In den Feldzügen von 1805, 1806, 1807 und 1809
Als Napoleon 1804 die Grande Armée zusammenzog, bildete er aus Grenadieren eine 10.000 Mann starke Avantgarde und übergab deren Kommando zugleich mit dem großen Band der Ehrenlegion dem General Oudinot. An der Spitze dieses auserlesenen Korps eröffnete Oudinot den Feldzug von 1805. Er gelangte mit diesem innerhalb von 45 Tagen von Boulogne-sur-Mer nach Wien, wobei er unterwegs am 8. Oktober an der Schlacht bei Wertingen gegen ein österreichisches Heer teilnahm und am 5. November bei Amstetten, in der er verwundet wurde, mitkämpfte. Als Oudinot Wien erreicht hatte, befahl ihm der inzwischen zum Kaiser avancierte Napoleon, die Donau zu überschreiten. Er warf nun die Österreicher, die die Taborbrücke besetzt hatten, riss selbst dem österreichischen Artilleristen, der die Brücke sprengen wollte, die brennende Lunte aus der Hand und bemächtigte sich darauf bei Spitzen eines Artillerieparks von 180 Geschützen und 300 Karren. In der Schlacht bei Hollabrunn und Schöngrabern (16. November 1805) wurde Oudinot erneut verwundet. Aber bereits am 2. Dezember 1805 beteiligte er sich wieder an der mit einem vollständigen französischen Sieg endenden Schlacht bei Austerlitz.
Im Februar 1806 wurde Oudinot nach Neuenburg gesandt, um von dieser von den Preußen abgetretenen Grafschaft ebenso wie von dem Valangin im Namen Frankreichs Besitz zu ergreifen. Hier behandelte er die Einwohner so schonend, dass diese ihm bei seinem Abgang einen Ehrendegen und das Ehrenbürgerrecht erteilten. Im Feldzug von 1806 gegen Preußen bildete er mit seinen Grenadieren die Reserve und zog in Berlin ein. Am 16. Februar 1807 schlug er ein russisches Korps unter Ivan Nikolajewitsch Essen bei Ostrolenka und wurde dann zur Verstärkung des Marschalls François-Joseph Lefebvre, der Danzig belagerte, abgesandt. Er hielt am 14. Juni in der Schlacht bei Friedland die russisch-preußische Armee unter Bennigsen solange in Schach, bis Napoleon mit der Hauptmacht herankam, um den Sieg zu vollenden. Nach dem Tilsiter Frieden wurde Oudinot im Juli 1807 von Napoleon zum Grafen ernannt mit einer Dotation von 1 Million Francs in Gütern.

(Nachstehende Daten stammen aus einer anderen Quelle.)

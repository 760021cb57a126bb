-- ===== src/Reflector/Roster/Valid.antt =====
-- What holds of the nodes and talkgroups that src/reflectd/config.c reads.
use kerchunk.Prelude.{
  ℕ, ◌+◌, ◌<◌, ◌≤◌, ◌≡◌, refl, subst, ◌||◌, leb, ◌==◌, pos, Option, none, some, List, [], ◌∷◌, ◌++◌,
  length, length-append, drop, arith, Bool-cases, Option-cases, inl, inr,
}
use kerchunk.Text.{Bytes, fit}
use kerchunk.Config.{CfgEntry}
use kerchunk.Config.Entries.{config_get}
use kerchunk.Config.Numbers.{atoi, get_int}
use kerchunk.Reflector.{RcfgTg}
use kerchunk.Reflector.Roster.{
  NodeEntry, max_nodes, max_tgs, max_tgs_per_node, tg_number, members_or_none, load_tg, load_node,
  each_section, rcfg_load, add_tg, add_node, node_of, some_of_each, read_psk, read_allowed, psk_key,
  allowed_key, nodes_key, node_prefix, tg_prefix, split_csv, with_default, u16_of, default_key,
  with_default, u16_of, default_key,
}
use kerchunk.Reflector.Roster.Parts.{
  AllBelow, AllTgs, AllNumbers, AllNodes, tg_number_lem, read_members-AllBelow, each_section_keeps,
  u16_of_lt, with_default_lem, read_allowed_lem,
}

-- What the first pass keeps, and the second.
abbrev pub NodesFit : List NodeEntry → Type 0
NodesFit nodes = (length nodes ≤ max_nodes) × AllNodes nodes

abbrev pub TgsFit : ℕ → List RcfgTg → Type 0
TgsFit n tgs = (length tgs ≤ max_tgs) × AllTgs n tgs

AllNodes-append :
    (ns : List NodeEntry) (n : NodeEntry)
    → AllNodes ns
    → length n.allowed_tgs ≤ max_tgs_per_node
    → AllNumbers n.allowed_tgs
    → AllNodes (ns ++ (n ∷ []))
AllNodes-append [] n a l m = ((l, m), tt)
AllNodes-append (x ∷ ns) n a l m = (a.0, AllNodes-append ns n a.1 l m)

AllTgs-append :
    (k : ℕ) (ts : List RcfgTg) (t : RcfgTg)
    → AllTgs k ts
    → 0 < t.number
    → t.number ≤ 65535
    → AllBelow k t.members
    → AllTgs k (ts ++ (t ∷ []))
AllTgs-append k [] t a p q m = ((p, q, m), tt)
AllTgs-append k (x ∷ ts) t a p q m = (a.0, AllTgs-append k ts t a.1 p q m)

abbrev NodeFits : NodeEntry → Type 0
NodeFits n = AllNumbers n.allowed_tgs × (length n.allowed_tgs ≤ max_tgs_per_node)

node_of-NodeFits :
    (es : List CfgEntry) (section : Bytes) (psk allowed : Option (List ℕ)) (n : NodeEntry)
    → ((l : List ℕ) → allowed ≡ some l → AllNumbers l × (length l ≤ max_tgs_per_node))
    → node_of es section psk allowed ≡ some n
    → NodeFits n
node_of-NodeFits es section none allowed n f e = cc
node_of-NodeFits es section (some psk) none n f e = cc
node_of-NodeFits es section (some psk) (some allowed) n f e =
    let tg = u16_of (get_int es section default_key (pos 0)) in
    let same : with_default tg allowed ≡ n.allowed_tgs = cc in
    let (a, l) = f allowed refl in
    subst (λ x. AllNumbers x × (length x ≤ max_tgs_per_node)) same
      (with_default_lem tg allowed (u16_of_lt (get_int es section default_key (pos 0))) a l)

add_node-NodesFit :
    (ns ns' : List NodeEntry) (n : Option NodeEntry)
    → length ns < max_nodes
    → AllNodes ns
    → ((x : NodeEntry) → n ≡ some x → NodeFits x)
    → add_node ns n ≡ some ns'
    → NodesFit ns'
add_node-NodesFit ns ns' none l a f e = cc
add_node-NodesFit ns ns' (some n) l a f e =
    let same : ns ++ (n ∷ []) ≡ ns' = cc in
    let fits = f n refl in
    subst NodesFit same
      (omega (arith, length-append ns (n ∷ [])), AllNodes-append ns n a fits.1 fits.0)

load_node-NodesFit :
    (es : List CfgEntry) (s : Bytes) (ns ns' : List NodeEntry)
    → NodesFit ns
    → load_node es s ns ≡ some ns'
    → NodesFit ns'
unfolding load_node
load_node-NodesFit es s ns ns' v e = elim (Bool-cases (leb max_nodes (length ns))) [
  | inl full ↦ ground arith
  | inr room ↦
      let psk = read_psk (config_get s psk_key es) in
      let allowed = read_allowed (config_get s allowed_key es) in
      let added : add_node ns (node_of es s psk allowed) ≡ some ns' = ground arith in
      add_node-NodesFit ns ns' (node_of es s psk allowed) (ground arith) v.1
        (λ n f.
          node_of-NodeFits es s psk allowed n
            (λ l g. read_allowed_lem (config_get s allowed_key es) l g) f)
        added
]

members_or_none-AllBelow :
    (nodes : List NodeEntry) (s : Option Bytes) (l : List ℕ)
    → members_or_none nodes s ≡ some l
    → AllBelow (length nodes) l
members_or_none-AllBelow nodes none l e =
    let same : [] ≡ l = cc in subst (AllBelow (length nodes)) same tt
members_or_none-AllBelow nodes (some s) l e =
    read_members-AllBelow nodes (split_csv max_nodes (fit 1024 s)) l e

add_tg-TgsFit :
    (k : ℕ) (ts ts' : List RcfgTg) (v : Option ℕ) (members : Option (List ℕ))
    → length ts < max_tgs
    → AllTgs k ts
    → ((n : ℕ) → v ≡ some n → (0 < n) × (n ≤ 65535))
    → ((l : List ℕ) → members ≡ some l → AllBelow k l)
    → add_tg ts v members ≡ some ts'
    → TgsFit k ts'
add_tg-TgsFit k ts ts' none members l a f g e = cc
add_tg-TgsFit k ts ts' (some v) none l a f g e = cc
add_tg-TgsFit k ts ts' (some v) (some members) l a f g e =
    let t : RcfgTg = record { number = v; members = members } in
    let same : ts ++ (t ∷ []) ≡ ts' = cc in
    subst (TgsFit k) same (
      omega (arith, length-append ts (t ∷ [])),
      AllTgs-append k ts t a (f v refl).0 (f v refl).1 (g members refl),
    )

load_tg-TgsFit :
    (es : List CfgEntry) (s : Bytes) (nodes : List NodeEntry) (ts ts' : List RcfgTg)
    → TgsFit (length nodes) ts
    → load_tg es s nodes ts ≡ some ts'
    → TgsFit (length nodes) ts'
unfolding load_tg
load_tg-TgsFit es s nodes ts ts' v e = elim (Bool-cases (leb max_tgs (length ts))) [
  | inl full ↦ ground arith
  | inr room ↦
      let members = members_or_none nodes (config_get s nodes_key es) in
      let added : add_tg ts (tg_number (atoi (drop 10 s))) members ≡ some ts' = ground arith in
      add_tg-TgsFit (length nodes) ts ts' (tg_number (atoi (drop 10 s))) members (ground arith) v.1
        (λ n f. tg_number_lem (atoi (drop 10 s)) n f)
        (λ l f. members_or_none-AllBelow nodes (config_get s nodes_key es) l f) added
]

-- Nodes and talkgroups that fit their arrays.
pub record IsRoster (nodes : List NodeEntry) (tgs : List RcfgTg) : Type 0 where
  pub some_nodes : 0 < length nodes
  pub some_tgs : 0 < length tgs
  pub nodes_fit : NodesFit nodes
  pub tgs_fit : TgsFit (length nodes) tgs

some_of_each-IsRoster :
    (nodes : List NodeEntry) (tgs : Option (List RcfgTg)) (r : List NodeEntry × List RcfgTg)
    → NodesFit nodes
    → ((ts : List RcfgTg) → tgs ≡ some ts → TgsFit (length nodes) ts)
    → some_of_each nodes tgs ≡ some r
    → IsRoster r.0 r.1
some_of_each-IsRoster nodes none r v f e = cc
some_of_each-IsRoster nodes (some ts) r v f e =
    elim (Bool-cases (length nodes == 0 || length ts == 0)) [
      | inl empty ↦ ground arith
      | inr full ↦
          let same : (nodes, ts) ≡ r = ground arith in
          let one : 0 < length nodes = ground arith in
          let two : 0 < length ts = ground arith in
          subst (λ x. IsRoster x.0 x.1) same
            (record { some_nodes = one; some_tgs = two; nodes_fit = v; tgs_fit = f ts refl })
    ]

-- A roster that is read has nodes and talkgroups, at least one of each and no more than their arrays hold; a
-- node has at most 32 talkgroups, their numbers are from 1 to 65535, and the members of a talkgroup are
-- nodes.
pub rcfg_load-IsRoster :
    (es : List CfgEntry) (nodes : List NodeEntry) (tgs : List RcfgTg)
    → rcfg_load es ≡ some (nodes, tgs)
    → IsRoster nodes tgs
unfolding rcfg_load
rcfg_load-IsRoster es nodes tgs e =
    let rounds = length es + 1 in
    elim (Option-cases (each_section (load_node es) node_prefix rounds es 0 [])) [
      | inl f ↦ ground arith
      | inr (ns, f) ↦
          let pass = each_section (λ s ts. load_tg es s ns ts) tg_prefix rounds es 0 [] in
          let whole : some_of_each ns pass ≡ some (nodes, tgs) = ground arith in
          let fit =
            each_section_keeps NodesFit (load_node es) node_prefix (load_node-NodesFit es) rounds es
              0 [] ns (omega arith, tt) f in
          some_of_each-IsRoster ns pass (nodes, tgs) fit
            (λ ts g.
              each_section_keeps (TgsFit (length ns)) (λ s x. load_tg es s ns x) tg_prefix
                (λ s x x'. load_tg-TgsFit es s ns x x') rounds es 0 [] ts (omega arith, tt) g)
            whole
    ]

Im September 1808 wurde er während des Erfurter Fürstenkongresses zum Gouverneur von Erfurt bestellt.
1809 eröffnete Oudinot an der Spitze seines jetzt auf 18 Bataillone verstärkten Grenadierkorps den Feldzug gegen Österreich, siegte am 19. April bei Pfaffenhofen, am 1. Mai bei Ried, am 3. Mai bei Ebersberg und rückte am 13. Mai in Wien ein. Er übernahm am 22. Mai an der Stelle des tödlich verwundeten Marschalls Lannes in der Schlacht bei Aspern das Kommando über das II. Korps an der Donau. In der folgenden Schlacht bei Wagram bewährte er sich am 5. Juli durch sein Vorgehen von Raasdorf auf Parbasdorf und wurde am folgenden Tag schwer verwundet. Oudinot wurde für seine Verdienste vom Kaiser am 12. Juli zum Marschall des Empire erhoben und am 14. April 1810 mit dem Titel eines "Herzogs von Reggio" in der noblesse impériale und einer damit verbundenen beträchtlichen Dotation ausgezeichnet.
Im Russlandfeldzug
Als Holland 1810 mit Frankreich vereinigt wurde, erhielt Oudinot den Auftrag, dieses Land zu besetzen. Er blieb dort als Oberbefehlshaber fast zwei Jahre lang und erwarb sich dabei die Achtung der Einwohner. So lud ihn der Magistrat von Amsterdam ein, am Tag Karls des Großen den Grundstein zu einer Kaserne zu legen, die seinen Namen erhalten sollte, und bei seiner Abreise erhielt er einen reich verzierten Degen.
1812 nahm Oudinot als Kommandant des II. Korps der Grande Armée am Feldzug in Russland teil. Das von ihm geführte Korps, das er in Westfalen organisiert hatte, bestand aus 51 Bataillonen und 20 Schwadronen. Er marschierte mit seinem Korps zuerst nach Berlin, wo er zwei Monate als Gouverneur blieb. Nach einem Gefecht bei Kljastizy wichen Oudinots Truppen Anfang August nach Polozk aus. Am frühen Morgen des 17. August 1812 griff das russische I. Korps unter General Wittgenstein die französischen Positionen in der Schlacht bei Polozk an und zwang die Franzosen zum Rückzug. Mit Verstärkungen gelang es Oudinot, den Angriff abzuwehren. Oudinot war durch eine Kanonenkugel an der Schulter schwer verwundet worden, musste das Kommando an den General Laurent de Gouvion Saint-Cyr abgeben und ließ sich nach Wilna bringen. Da Gouvion Saint-Cyr aber das gleiche Schicksal erlitt und Oudinot zugleich von den Misserfolgen der Grande Armée und der Räumung Moskaus erfuhr, so begab er sich ohne Rücksicht auf seinen Gesundheitszustand wieder zu seinem Korps, das nur noch 5000 Mann zählte.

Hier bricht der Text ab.